> **What the task requires**: Read the listing below and copy out every line that holds "emptied".

> **Given information**:
+ + + +

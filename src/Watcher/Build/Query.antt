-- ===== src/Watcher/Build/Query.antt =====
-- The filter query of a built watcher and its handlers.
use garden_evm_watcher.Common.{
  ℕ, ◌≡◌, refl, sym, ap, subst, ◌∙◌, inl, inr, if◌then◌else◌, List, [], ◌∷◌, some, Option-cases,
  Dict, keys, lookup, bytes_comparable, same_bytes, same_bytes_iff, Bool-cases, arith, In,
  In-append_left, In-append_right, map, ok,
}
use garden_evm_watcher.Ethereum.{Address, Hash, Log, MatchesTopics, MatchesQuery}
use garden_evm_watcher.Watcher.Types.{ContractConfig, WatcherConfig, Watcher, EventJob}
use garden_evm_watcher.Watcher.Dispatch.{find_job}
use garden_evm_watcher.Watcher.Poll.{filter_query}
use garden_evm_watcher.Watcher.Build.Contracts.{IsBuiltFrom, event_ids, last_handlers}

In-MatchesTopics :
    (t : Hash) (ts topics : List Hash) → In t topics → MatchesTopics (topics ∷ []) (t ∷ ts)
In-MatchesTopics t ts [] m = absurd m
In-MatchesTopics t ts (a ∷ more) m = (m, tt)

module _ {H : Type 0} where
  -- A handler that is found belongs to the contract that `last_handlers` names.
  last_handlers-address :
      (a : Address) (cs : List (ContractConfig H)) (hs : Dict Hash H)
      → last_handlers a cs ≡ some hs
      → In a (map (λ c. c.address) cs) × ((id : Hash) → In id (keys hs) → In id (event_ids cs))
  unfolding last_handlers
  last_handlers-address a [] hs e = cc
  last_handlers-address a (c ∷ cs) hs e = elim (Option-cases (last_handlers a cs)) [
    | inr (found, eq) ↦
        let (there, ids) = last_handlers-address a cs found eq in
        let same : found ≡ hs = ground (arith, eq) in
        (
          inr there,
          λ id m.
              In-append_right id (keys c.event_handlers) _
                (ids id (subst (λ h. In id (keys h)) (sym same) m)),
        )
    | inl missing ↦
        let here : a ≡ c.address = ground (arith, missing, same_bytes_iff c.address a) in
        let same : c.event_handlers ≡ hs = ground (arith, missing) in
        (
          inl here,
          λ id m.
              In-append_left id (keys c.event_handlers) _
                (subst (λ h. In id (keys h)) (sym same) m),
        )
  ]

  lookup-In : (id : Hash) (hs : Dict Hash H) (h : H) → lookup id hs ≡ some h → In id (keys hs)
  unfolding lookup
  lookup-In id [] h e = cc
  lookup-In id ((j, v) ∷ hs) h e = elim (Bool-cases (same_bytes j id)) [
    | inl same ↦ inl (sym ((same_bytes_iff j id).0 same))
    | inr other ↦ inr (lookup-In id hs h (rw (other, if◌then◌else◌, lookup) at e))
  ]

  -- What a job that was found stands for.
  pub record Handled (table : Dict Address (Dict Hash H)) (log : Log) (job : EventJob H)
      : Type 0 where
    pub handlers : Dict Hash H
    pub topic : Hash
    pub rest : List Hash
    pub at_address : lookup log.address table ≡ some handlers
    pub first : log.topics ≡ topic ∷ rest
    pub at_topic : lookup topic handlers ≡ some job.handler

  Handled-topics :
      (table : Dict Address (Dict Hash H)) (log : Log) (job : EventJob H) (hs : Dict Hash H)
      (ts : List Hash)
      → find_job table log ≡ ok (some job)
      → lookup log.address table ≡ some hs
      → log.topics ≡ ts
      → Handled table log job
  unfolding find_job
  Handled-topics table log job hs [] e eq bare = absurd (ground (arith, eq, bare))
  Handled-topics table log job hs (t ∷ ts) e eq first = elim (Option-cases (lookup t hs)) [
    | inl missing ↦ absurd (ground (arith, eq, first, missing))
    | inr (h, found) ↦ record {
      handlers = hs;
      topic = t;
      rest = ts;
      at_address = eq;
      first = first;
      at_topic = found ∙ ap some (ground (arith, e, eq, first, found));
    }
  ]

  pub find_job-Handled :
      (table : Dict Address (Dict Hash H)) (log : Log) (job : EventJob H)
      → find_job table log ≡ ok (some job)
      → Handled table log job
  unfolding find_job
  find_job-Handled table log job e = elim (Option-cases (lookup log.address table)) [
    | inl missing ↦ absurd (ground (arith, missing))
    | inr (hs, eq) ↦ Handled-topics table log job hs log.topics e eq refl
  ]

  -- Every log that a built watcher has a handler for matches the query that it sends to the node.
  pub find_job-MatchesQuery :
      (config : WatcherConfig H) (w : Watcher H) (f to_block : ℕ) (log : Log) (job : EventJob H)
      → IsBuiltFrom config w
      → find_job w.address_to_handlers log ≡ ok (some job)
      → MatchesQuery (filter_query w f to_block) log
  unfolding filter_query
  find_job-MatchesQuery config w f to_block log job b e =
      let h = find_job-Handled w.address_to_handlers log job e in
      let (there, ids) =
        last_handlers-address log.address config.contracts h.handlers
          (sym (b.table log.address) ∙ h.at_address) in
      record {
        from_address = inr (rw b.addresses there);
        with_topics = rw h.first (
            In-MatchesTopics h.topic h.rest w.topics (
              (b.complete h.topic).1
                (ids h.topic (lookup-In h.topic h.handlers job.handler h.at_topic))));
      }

+ + + +

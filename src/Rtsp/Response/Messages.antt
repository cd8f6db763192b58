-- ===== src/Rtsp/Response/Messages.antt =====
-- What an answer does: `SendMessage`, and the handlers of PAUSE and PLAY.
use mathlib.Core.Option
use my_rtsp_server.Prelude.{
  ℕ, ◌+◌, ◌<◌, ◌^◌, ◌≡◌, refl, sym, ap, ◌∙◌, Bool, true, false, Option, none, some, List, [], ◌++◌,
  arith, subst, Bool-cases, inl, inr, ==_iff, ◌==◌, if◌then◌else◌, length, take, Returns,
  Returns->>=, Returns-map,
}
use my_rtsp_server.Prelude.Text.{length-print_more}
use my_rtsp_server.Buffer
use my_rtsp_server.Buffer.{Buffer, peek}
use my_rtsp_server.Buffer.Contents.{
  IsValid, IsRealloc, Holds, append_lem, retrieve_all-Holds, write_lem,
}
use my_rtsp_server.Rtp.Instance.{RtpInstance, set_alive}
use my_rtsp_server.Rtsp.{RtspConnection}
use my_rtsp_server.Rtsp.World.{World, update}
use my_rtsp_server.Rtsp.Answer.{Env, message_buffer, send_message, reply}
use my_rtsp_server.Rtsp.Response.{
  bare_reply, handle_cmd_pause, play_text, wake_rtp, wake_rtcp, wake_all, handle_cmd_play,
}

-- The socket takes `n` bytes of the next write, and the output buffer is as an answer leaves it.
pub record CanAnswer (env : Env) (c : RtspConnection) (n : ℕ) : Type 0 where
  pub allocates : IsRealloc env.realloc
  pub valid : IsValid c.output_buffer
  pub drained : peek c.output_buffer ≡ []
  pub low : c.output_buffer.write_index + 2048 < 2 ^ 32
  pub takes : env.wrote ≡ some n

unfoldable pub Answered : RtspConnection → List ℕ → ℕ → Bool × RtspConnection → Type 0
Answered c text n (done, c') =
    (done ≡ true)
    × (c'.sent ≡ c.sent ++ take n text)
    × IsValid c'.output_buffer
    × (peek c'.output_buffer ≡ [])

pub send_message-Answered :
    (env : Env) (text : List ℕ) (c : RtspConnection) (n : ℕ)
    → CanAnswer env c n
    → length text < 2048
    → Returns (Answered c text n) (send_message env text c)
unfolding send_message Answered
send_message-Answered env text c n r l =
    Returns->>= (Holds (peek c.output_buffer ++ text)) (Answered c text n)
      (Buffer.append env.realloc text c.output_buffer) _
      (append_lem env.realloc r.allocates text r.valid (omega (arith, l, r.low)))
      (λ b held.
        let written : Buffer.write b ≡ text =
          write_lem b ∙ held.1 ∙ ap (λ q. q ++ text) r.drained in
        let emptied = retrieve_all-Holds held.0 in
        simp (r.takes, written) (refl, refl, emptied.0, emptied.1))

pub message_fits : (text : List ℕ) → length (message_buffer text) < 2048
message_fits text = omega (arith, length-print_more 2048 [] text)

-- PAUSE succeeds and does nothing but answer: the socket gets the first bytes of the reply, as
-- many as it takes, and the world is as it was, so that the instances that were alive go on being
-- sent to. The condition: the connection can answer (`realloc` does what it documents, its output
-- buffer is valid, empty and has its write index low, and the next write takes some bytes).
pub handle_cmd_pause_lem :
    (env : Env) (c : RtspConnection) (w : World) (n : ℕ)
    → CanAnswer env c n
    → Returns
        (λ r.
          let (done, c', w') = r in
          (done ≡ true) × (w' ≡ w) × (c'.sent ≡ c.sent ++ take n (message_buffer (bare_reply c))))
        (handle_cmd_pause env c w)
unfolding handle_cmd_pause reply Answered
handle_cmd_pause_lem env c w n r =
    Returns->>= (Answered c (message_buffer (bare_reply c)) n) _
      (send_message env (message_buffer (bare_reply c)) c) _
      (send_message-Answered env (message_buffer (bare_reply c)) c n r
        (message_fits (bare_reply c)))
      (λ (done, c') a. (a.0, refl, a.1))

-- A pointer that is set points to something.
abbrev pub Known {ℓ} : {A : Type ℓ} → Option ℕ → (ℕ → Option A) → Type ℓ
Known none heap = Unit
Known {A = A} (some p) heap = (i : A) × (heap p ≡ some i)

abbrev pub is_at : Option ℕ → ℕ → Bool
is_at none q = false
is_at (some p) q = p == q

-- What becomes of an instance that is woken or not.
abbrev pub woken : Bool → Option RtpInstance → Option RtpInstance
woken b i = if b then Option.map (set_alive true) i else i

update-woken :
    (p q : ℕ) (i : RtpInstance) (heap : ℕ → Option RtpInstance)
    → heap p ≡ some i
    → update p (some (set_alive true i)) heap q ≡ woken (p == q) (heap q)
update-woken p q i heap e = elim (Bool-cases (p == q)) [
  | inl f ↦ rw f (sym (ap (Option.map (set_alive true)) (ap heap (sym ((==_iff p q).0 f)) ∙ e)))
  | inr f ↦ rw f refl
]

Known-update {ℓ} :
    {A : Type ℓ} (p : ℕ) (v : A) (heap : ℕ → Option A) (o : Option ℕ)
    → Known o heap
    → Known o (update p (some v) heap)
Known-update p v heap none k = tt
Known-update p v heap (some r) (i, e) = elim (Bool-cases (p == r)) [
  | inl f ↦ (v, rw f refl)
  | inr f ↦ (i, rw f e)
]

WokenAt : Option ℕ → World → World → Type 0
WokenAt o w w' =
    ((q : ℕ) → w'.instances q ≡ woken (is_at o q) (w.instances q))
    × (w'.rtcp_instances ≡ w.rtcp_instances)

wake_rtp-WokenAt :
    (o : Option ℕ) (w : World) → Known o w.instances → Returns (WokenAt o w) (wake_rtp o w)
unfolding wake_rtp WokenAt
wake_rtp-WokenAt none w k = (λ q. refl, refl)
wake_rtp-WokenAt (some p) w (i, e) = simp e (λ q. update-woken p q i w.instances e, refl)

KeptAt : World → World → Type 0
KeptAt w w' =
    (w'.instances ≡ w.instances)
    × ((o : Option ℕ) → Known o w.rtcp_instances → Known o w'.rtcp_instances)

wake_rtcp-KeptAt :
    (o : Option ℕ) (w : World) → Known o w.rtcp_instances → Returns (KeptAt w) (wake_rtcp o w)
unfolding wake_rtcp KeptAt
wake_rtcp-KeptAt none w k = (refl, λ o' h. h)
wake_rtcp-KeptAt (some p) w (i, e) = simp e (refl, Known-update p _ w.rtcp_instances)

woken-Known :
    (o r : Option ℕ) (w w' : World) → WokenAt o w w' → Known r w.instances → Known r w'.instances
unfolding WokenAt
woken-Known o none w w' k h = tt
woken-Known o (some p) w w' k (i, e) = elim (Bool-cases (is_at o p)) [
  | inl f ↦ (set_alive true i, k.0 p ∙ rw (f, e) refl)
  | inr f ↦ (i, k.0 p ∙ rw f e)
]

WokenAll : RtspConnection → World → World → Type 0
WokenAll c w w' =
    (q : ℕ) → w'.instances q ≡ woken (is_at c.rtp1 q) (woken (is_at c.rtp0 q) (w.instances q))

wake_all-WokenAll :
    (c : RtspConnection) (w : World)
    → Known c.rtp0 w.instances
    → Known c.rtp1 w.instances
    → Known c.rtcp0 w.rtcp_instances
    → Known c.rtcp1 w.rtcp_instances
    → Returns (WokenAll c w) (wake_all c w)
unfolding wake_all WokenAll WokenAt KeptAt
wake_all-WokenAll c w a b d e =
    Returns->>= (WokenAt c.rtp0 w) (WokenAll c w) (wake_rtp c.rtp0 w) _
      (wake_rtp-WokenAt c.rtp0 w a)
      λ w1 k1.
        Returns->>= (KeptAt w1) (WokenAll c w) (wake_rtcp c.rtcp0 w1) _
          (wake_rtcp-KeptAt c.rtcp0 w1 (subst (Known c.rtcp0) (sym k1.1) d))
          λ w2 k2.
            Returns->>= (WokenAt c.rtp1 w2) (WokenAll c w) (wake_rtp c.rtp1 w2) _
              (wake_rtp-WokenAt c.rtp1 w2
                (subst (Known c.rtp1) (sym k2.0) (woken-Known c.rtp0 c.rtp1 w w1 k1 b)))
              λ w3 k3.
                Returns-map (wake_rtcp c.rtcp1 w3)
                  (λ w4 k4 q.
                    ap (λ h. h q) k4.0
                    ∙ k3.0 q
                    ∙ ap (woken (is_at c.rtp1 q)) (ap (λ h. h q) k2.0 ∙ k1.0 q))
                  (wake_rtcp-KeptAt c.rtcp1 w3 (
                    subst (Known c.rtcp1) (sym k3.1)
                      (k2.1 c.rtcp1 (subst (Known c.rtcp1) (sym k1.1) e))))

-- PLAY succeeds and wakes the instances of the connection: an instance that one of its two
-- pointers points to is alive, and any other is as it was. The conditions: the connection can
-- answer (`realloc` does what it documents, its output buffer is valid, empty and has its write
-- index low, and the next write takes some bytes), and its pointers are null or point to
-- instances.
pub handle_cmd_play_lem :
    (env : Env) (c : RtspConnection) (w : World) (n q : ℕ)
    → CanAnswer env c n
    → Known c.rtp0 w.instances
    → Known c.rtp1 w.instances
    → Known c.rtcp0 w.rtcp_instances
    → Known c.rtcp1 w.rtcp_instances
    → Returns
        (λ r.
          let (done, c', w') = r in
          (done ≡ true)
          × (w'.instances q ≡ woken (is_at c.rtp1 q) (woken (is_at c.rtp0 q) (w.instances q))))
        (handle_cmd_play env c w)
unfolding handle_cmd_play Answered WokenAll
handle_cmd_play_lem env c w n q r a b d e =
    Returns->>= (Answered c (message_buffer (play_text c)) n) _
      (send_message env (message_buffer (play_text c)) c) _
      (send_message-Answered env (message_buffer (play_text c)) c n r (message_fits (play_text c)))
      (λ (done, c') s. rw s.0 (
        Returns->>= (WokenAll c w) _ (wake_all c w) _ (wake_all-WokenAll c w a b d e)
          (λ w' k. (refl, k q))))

+ + + +

> **Reply to the task**:
        let emptied = retrieve_all-Holds held.0 in
        simp (r.takes, written) (refl, refl, emptied.0, emptied.1))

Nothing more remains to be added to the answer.